[Problem statement] Pull out every line with the word "next" from the entries below.

═══

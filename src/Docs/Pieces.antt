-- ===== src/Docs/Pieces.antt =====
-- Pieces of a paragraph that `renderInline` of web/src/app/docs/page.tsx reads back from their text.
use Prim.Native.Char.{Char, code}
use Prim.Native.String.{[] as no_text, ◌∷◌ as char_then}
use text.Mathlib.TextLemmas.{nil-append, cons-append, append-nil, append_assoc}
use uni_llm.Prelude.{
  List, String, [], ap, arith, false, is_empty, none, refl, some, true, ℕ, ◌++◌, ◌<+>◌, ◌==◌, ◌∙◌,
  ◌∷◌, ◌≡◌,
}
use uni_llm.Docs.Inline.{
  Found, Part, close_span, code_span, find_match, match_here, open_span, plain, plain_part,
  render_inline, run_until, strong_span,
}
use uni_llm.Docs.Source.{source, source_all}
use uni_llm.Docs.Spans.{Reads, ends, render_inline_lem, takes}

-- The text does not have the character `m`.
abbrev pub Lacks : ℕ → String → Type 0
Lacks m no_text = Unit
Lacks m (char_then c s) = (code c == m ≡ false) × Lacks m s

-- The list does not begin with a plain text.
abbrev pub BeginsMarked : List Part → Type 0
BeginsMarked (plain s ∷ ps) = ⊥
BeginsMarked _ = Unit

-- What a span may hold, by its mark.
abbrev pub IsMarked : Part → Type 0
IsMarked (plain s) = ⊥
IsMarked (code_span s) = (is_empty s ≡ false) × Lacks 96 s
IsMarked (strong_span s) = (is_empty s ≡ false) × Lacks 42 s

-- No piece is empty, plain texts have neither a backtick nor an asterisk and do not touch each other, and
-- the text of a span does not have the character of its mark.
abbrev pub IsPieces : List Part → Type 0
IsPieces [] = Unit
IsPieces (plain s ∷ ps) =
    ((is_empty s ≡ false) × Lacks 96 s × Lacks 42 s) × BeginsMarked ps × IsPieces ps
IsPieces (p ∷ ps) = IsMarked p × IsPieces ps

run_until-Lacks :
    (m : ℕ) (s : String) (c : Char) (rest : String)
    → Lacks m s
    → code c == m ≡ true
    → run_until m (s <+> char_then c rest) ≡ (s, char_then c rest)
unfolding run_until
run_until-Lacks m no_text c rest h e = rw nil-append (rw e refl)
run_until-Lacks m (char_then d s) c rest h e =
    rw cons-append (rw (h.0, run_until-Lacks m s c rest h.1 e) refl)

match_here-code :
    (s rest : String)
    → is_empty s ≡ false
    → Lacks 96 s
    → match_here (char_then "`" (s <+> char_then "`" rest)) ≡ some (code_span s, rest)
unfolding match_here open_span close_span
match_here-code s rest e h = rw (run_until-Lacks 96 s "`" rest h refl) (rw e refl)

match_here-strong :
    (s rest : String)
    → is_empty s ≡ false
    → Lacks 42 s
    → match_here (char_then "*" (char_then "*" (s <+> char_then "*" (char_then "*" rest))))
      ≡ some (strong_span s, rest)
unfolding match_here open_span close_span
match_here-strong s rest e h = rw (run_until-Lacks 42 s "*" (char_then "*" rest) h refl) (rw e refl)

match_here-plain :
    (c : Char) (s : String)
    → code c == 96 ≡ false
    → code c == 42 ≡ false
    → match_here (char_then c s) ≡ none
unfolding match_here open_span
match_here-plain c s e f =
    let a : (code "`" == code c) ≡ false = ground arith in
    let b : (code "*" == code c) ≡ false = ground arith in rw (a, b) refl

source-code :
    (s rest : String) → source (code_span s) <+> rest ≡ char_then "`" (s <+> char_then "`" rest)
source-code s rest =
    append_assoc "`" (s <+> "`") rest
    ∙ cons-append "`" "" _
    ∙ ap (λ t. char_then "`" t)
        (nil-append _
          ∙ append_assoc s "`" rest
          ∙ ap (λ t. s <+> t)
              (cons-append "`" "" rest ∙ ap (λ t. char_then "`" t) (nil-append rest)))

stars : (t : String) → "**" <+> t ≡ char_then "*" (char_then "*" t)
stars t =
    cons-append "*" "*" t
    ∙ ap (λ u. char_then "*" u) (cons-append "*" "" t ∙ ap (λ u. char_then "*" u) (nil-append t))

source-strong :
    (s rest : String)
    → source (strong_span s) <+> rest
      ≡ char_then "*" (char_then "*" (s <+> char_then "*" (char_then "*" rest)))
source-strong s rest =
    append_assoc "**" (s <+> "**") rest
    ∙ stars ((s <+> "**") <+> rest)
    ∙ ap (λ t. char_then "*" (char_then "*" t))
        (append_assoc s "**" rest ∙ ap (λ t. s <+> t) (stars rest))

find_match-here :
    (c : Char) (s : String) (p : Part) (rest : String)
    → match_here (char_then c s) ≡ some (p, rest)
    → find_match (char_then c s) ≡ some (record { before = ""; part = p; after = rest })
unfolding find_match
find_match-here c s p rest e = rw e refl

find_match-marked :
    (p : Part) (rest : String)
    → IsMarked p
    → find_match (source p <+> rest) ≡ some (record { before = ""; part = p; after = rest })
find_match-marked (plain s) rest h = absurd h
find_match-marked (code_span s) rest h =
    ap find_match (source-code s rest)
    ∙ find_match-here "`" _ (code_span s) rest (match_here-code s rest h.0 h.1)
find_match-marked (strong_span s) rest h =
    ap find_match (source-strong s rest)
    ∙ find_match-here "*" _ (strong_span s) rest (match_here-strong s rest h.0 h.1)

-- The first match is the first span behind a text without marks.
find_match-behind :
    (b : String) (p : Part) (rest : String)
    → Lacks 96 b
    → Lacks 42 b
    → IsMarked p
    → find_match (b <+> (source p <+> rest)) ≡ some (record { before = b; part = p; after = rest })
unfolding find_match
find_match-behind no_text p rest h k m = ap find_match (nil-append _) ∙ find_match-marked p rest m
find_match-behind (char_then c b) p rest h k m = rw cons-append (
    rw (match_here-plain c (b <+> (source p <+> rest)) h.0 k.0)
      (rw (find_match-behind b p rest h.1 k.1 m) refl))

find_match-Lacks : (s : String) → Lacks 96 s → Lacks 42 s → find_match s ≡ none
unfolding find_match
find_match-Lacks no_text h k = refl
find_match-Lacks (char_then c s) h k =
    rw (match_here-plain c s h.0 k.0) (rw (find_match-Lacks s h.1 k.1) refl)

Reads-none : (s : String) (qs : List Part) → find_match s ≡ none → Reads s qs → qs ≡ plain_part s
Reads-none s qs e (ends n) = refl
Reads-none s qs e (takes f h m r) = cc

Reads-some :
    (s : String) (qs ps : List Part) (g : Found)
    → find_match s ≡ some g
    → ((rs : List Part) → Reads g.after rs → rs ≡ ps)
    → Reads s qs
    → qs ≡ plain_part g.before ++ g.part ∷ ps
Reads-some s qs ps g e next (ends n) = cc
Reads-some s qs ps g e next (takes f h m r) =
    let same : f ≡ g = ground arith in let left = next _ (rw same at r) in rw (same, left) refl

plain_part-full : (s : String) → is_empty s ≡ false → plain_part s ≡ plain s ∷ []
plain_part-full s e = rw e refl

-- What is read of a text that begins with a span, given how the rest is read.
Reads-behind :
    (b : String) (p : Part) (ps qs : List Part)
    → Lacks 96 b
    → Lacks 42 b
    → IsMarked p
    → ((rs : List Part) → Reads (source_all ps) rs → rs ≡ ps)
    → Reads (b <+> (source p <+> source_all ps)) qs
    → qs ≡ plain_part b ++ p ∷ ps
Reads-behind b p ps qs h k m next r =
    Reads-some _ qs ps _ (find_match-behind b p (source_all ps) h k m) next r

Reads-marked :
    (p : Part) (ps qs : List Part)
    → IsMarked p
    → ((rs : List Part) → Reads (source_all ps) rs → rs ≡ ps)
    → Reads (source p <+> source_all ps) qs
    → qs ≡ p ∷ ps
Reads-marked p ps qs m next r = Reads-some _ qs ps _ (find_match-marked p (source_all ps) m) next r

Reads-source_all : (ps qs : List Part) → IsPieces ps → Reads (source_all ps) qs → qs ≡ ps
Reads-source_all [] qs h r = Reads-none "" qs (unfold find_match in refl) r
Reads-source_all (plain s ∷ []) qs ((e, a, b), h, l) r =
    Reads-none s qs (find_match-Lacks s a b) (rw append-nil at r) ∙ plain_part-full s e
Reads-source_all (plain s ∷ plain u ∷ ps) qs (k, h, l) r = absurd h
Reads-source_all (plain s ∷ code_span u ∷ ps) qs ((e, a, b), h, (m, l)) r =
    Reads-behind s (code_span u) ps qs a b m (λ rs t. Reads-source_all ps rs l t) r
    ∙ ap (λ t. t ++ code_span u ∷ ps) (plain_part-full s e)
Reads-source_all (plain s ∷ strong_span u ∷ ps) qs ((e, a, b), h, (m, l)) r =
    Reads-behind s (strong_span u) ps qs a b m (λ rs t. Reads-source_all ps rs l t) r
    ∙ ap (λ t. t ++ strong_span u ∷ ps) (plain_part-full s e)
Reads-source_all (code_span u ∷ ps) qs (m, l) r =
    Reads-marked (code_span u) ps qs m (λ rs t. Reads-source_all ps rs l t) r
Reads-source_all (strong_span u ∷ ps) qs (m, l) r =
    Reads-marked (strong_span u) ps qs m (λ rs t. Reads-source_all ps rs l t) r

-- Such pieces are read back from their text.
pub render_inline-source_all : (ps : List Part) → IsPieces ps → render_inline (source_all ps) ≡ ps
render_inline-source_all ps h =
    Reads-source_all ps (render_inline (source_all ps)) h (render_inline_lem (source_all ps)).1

═══

[Result for this task]
Reads-some s qs ps g e next (ends n) = cc
Reads-some s qs ps g e next (takes f h m r) =
    let same : f ≡ g = ground arith in let left = next _ (rw same at r) in rw (same, left) refl
Reads-behind b p ps qs h k m next r =
    Reads-some _ qs ps _ (find_match-behind b p (source_all ps) h k m) next r
Reads-marked p ps qs m next r = Reads-some _ qs ps _ (find_match-marked p (source_all ps) m) next r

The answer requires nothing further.